Vous pouvez en faire l'expérience. À l'instant-même : pensez au trajet que vous venez de faire. Peu importe que vous ayez traversé la France ou que vous soyez allé(e) à la boulangerie. Fermez les yeux. Ne pensez à rien. Il viendra nécessairement une ou plusieurs images, qui ne vous diront rien de particulier si ce n'est que vous vous les rappelez. La chose est plus facile si vous prenez un long voyage comme support de cette expérience. Ce qui reviendra à votre mémoire - et, justement, il ne s'agit pas de votre mémoire - pourra sembler insignifiant et vous vous demanderez pourquoi, des années après, c'est encore ce bout de trottoir que vous vous rappelez le mieux.
Noëmie Diégèse a travaillé sur cette question avec les meilleurs spécialistes de neurosciences et de sciences cognitives en France et partout dans le monde.
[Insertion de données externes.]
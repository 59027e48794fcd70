-- ===== src/Tutoring/Order.antt =====
-- The attempts and observations that `expand` writes are numbered in the order of the request.
use aprendiendo.Base.{
  ℕ, zero, suc, ◌+◌, Bool, some, List, [], ◌∷◌, ◌++◌, ◌≡◌, refl, sym, ap, flat_map-append, ok,
  try_fold, >>=-eq-ok, ok_or, length, arith,
}
use mathlib.Core.List.{append-nil, append_assoc, map-append}
use aprendiendo.Model.Requests.{ObservationInput, AttemptInput}
use aprendiendo.Model.Production.{ObservationEvidence}
use aprendiendo.Model.Numbers.{attempt_nos, observation_nos, written_observations}
use aprendiendo.Tutoring.Requests.{
  TutoringObservationInput, TutoringAttemptInput, TutoringTurnInput,
}
use aprendiendo.Tutoring.Checks.{TutoringError, enumerate_from, compact_observation}
use aprendiendo.Tutoring.Scan.{AttemptMeta, ObservationSlot, find_meta, find_slot}
use aprendiendo.Tutoring.Emit.{
  Written, emit_observation, emit_intervention, emit_evidence, emit_attempt, emit_turn,
  attempt_input, assess,
}
use aprendiendo.Tutoring.Numbers.{numbers_of, count_attempts, count_turns}
use aprendiendo.Tutoring.Counting.{
  count_attempts-ge, count_observations-ge, count_in_attempts-later, count_turns-later,
  count_in_turns-later,
}
use aprendiendo.Tutoring.Slots.{
  count_observations, count_in_attempts, count_in_turns, observations_in, observations_in_turns,
}

-- The numbers after `n`, as many as `k`.
abbrev pub numbers_from : ℕ → ℕ → List ℕ
numbers_from n zero = []
numbers_from n (suc k) = (n + 1) ∷ numbers_from (n + 1) k

numbers_from-append :
    (n j k : ℕ) → numbers_from n (j + k) ≡ numbers_from n j ++ numbers_from (n + j) k
numbers_from-append n zero k =
    let a : 0 + k ≡ k = omega arith in let b : n + 0 ≡ n = omega arith in rw (a, b) refl
numbers_from-append n (suc j) k =
    let a : suc j + k ≡ suc (j + k) = omega arith in
    let b : n + suc j ≡ (n + 1) + j = omega arith in
    rw (a, b) (ap (λ l. (n + 1) ∷ l) (numbers_from-append (n + 1) j k))

find_meta-key :
    (k : ℕ × ℕ) (ms : List AttemptMeta) (m : AttemptMeta) → find_meta k ms ≡ some m → m.key ≡ k
find_meta-key k [] m h = absurd (cc)
find_meta-key k (l ∷ ms) m h = ground (arith, find_meta-key k ms m)

abbrev pub attempts_in_turns : List TutoringTurnInput → ℕ
attempts_in_turns [] = 0
attempts_in_turns (turn ∷ turns) = length turn.attempts + attempts_in_turns turns

-- What a loop appends: attempts numbered after `n` and observations numbered after `m`.
pub record Appended (n k m j : ℕ) (w out : Written) : Type 0 where
  pub attempts : attempt_nos out.attempts ≡ attempt_nos w.attempts ++ numbers_from n k
  pub observations :
      observation_nos (written_observations out.attempts)
      ≡ observation_nos (written_observations w.attempts) ++ numbers_from m j

Appended-nothing : (n m : ℕ) {w out : Written} → out ≡ w → Appended n 0 m 0 w out
Appended-nothing n m {w} same = record {
  attempts = rw same (sym (append-nil (attempt_nos w.attempts)));
  observations = rw same (sym (append-nil (observation_nos (written_observations w.attempts))));
}

Appended-then :
    {n k m j k' j' : ℕ} {w u out : Written}
    → Appended n k m j w u
    → Appended (n + k) k' (m + j) j' u out
    → Appended n (k + k') m (j + j') w out
Appended-then {n} {k} {m} {j} {k'} {j'} {w} first later = record {
  attempts =
      rw (later.attempts, first.attempts, numbers_from-append n k k')
        (append_assoc (attempt_nos w.attempts) (numbers_from n k) (numbers_from (n + k) k'));
  observations =
      rw (later.observations, first.observations, numbers_from-append m j j')
        (append_assoc (observation_nos (written_observations w.attempts)) (numbers_from m j)
          (numbers_from (m + j) j'));
}

module _ (production : Bool) (metas : List AttemptMeta) (slots : List ObservationSlot) where
  emit_observations-numbers :
      (meta : AttemptMeta) (oi n : ℕ) (os : List TutoringObservationInput)
      (acc : List ObservationInput × List ObservationEvidence)
      {out : List ObservationInput × List ObservationEvidence}
      → ((index v : ℕ)
          → count_observations meta.key index meta.key oi n os ≡ some v
          → find_slot meta.key index slots ≡ some v)
      → try_fold (emit_observation production slots meta) acc (enumerate_from oi os) ≡ ok out
      → observation_nos out.0 ≡ observation_nos acc.0 ++ numbers_from n (length os)
  unfolding emit_observation compact_observation
  emit_observations-numbers meta oi n [] acc {out} found h =
      let same : out.0 ≡ acc.0 = ground arith in rw same (sym (append-nil (observation_nos acc.0)))
  emit_observations-numbers meta oi n (o ∷ rest) acc {out} found h =
      let (acc', first, later) =
        >>=-eq-ok (emit_observation production slots meta acc (oi, o)) _ h in
      let (number, looked, h1) =
        >>=-eq-ok (ok_or (find_slot meta.key oi slots) TutoringError.missing_key) _ first in
      let (assessed, _, last) =
        >>=-eq-ok (assess production number meta.attempt_no o.assessment) _ h1 in
      let same : find_slot meta.key oi slots ≡ some (n + 1) = found oi (n + 1) (ground arith) in
      let written : acc'.0 ≡ acc.0 ++ compact_observation o (n + 1) ∷ [] =
        ground (arith, same, looked, last) in
      let tail =
        emit_observations-numbers meta (oi + 1) (n + 1) rest acc'
          (λ index v c.
            found index v (
              ground
                (arith, count_observations-ge meta.key index meta.key (oi + 1) (n + 1) rest v)))
          later in
      rw
        (
          tail,
          written,
          map-append (λ (x : ObservationInput). x.observation_no) acc.0
              (compact_observation o (n + 1) ∷ []),
        )
        (append_assoc (observation_nos acc.0) ((n + 1) ∷ []) (numbers_from (n + 1) (length rest)))

  emit_attempt-numbers :
      (ti ai count n m : ℕ) (w : Written) (a : TutoringAttemptInput) {out : Written}
      → numbers_of (find_meta (ti, ai) metas) ≡ some (ti + 1, n + 1)
      → ((index v : ℕ)
          → count_observations (ti, ai) index (ti, ai) 0 m a.observations ≡ some v
          → find_slot (ti, ai) index slots ≡ some v)
      → emit_attempt production metas slots ti count w (ai, a) ≡ ok out
      → Appended n 1 m (length a.observations) w out
  unfolding emit_attempt
  emit_attempt-numbers ti ai count n m w a {out} placed found h =
      let (meta, looked, h1) =
        >>=-eq-ok (ok_or (find_meta (ti, ai) metas) TutoringError.missing_key) _ h in
      let ((os, assessed), written, h2) =
        >>=-eq-ok
          (try_fold (emit_observation production slots meta) ([], [])
            (enumerate_from 0 a.observations))
          _ h1 in
      let ((is, last_no), _, h3) =
        >>=-eq-ok
          (try_fold (emit_intervention production metas count meta)
            (w.interventions, w.intervention_no) a.interventions_after)
          _ h2 in
      let (e, _, last) = >>=-eq-ok (emit_evidence production metas meta a.evidence) _ h3 in
      let here : find_meta (ti, ai) metas ≡ some meta = ground (arith, looked) in
      let key : meta.key ≡ (ti, ai) = find_meta-key (ti, ai) metas meta here in
      let number : meta.attempt_no ≡ n + 1 = ground (arith, here, placed) in
      let attempts : out.attempts ≡ w.attempts ++ attempt_input meta a os ∷ [] =
        ground (arith, last) in
      let numbers : observation_nos os ≡ numbers_from m (length a.observations) =
        emit_observations-numbers meta 0 m a.observations ([], []) (rw key found) written in
      record {
        attempts =
            rw
              (
                attempts,
                map-append (λ (x : AttemptInput). x.attempt_no) w.attempts
                    (attempt_input meta a os ∷ []),
                number,
              )
              refl;
        observations =
            rw
              (
                attempts,
                flat_map-append (λ (x : AttemptInput). x.observations) w.attempts
                    (attempt_input meta a os),
                map-append (λ (x : ObservationInput). x.observation_no)
                    (written_observations w.attempts) os,
                numbers,
              )
              refl;
      }

  emit_attempts-numbers :
      (ti count ai n m : ℕ) (w : Written) (as' : List TutoringAttemptInput) {out : Written}
      → ((k v : ℕ × ℕ)
          → count_attempts k ti ai n as' ≡ some v
          → numbers_of (find_meta k metas) ≡ some v)
      → ((k : ℕ × ℕ) (index v : ℕ)
          → count_in_attempts k index ti ai m as' ≡ some v
          → find_slot k index slots ≡ some v)
      → try_fold (emit_attempt production metas slots ti count) w (enumerate_from ai as') ≡ ok out
      → Appended n (length as') m (observations_in as') w out
  emit_attempts-numbers ti count ai n m w [] placed found h = Appended-nothing n m (ground arith)
  emit_attempts-numbers ti count ai n m w (a ∷ rest) placed found h =
      let (u, first, later) =
        >>=-eq-ok (emit_attempt production metas slots ti count w (ai, a)) _ h in
      let one =
        emit_attempt-numbers ti ai count n m w a (placed (ti, ai) (ti + 1, n + 1) (ground arith))
          (λ index v c. found (ti, ai) index v (ground (arith, c))) first in
      let others =
        emit_attempts-numbers ti count (ai + 1) (n + 1) (m + length a.observations) u rest
          (λ k v c. placed k v (ground (arith, c, count_attempts-ge k ti (ai + 1) (n + 1) rest v)))
          (λ k index v c. found k index v (count_in_attempts-later k index ti ai m a rest v c))
          later in
      let step : suc (length rest) ≡ 1 + length rest = omega arith in
      rw step (Appended-then one others)

  -- The third loop of `expand` numbers what it writes in the order of the turns.
  pub emit_turns-numbers :
      (ti n m : ℕ) (w : Written) (turns : List TutoringTurnInput) {out : Written}
      → ((k v : ℕ × ℕ)
          → count_turns k ti n turns ≡ some v
          → numbers_of (find_meta k metas) ≡ some v)
      → ((k : ℕ × ℕ) (index v : ℕ)
          → count_in_turns k index ti m turns ≡ some v
          → find_slot k index slots ≡ some v)
      → try_fold (emit_turn production metas slots) w (enumerate_from ti turns) ≡ ok out
      → Appended n (attempts_in_turns turns) m (observations_in_turns turns) w out
  unfolding emit_turn
  emit_turns-numbers ti n m w [] placed found h = Appended-nothing n m (ground arith)
  emit_turns-numbers ti n m w (turn ∷ turns) placed found h =
      let (u, first, later) = >>=-eq-ok (emit_turn production metas slots w (ti, turn)) _ h in
      let one =
        emit_attempts-numbers ti (length turn.attempts) 0 n m w turn.attempts
          (λ k v c. placed k v (ground (arith, c)))
          (λ k index v c. found k index v (ground (arith, c))) first in
      let others =
        emit_turns-numbers (ti + 1) (n + length turn.attempts) (m + observations_in turn.attempts) u
          turns (λ k v c. placed k v (count_turns-later k ti n turn turns v c))
          (λ k index v c. found k index v (count_in_turns-later k index ti m turn turns v c))
          later in
      Appended-then one others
L'hypothèse la plus couramment avancée est qu'à certains moments, notre être entre en résonance avec ce qui l'entoure, provoquant ce que les chercheurs ont appelé : une intimité structurale. Il n'est donc pas vraiment question de mémoire, mais plutôt de traces physiques, indélébiles, qui proviennent de l'harmonie du monde.
Un livre épatant qui donnera une dimension nouvelle à vos souvenirs.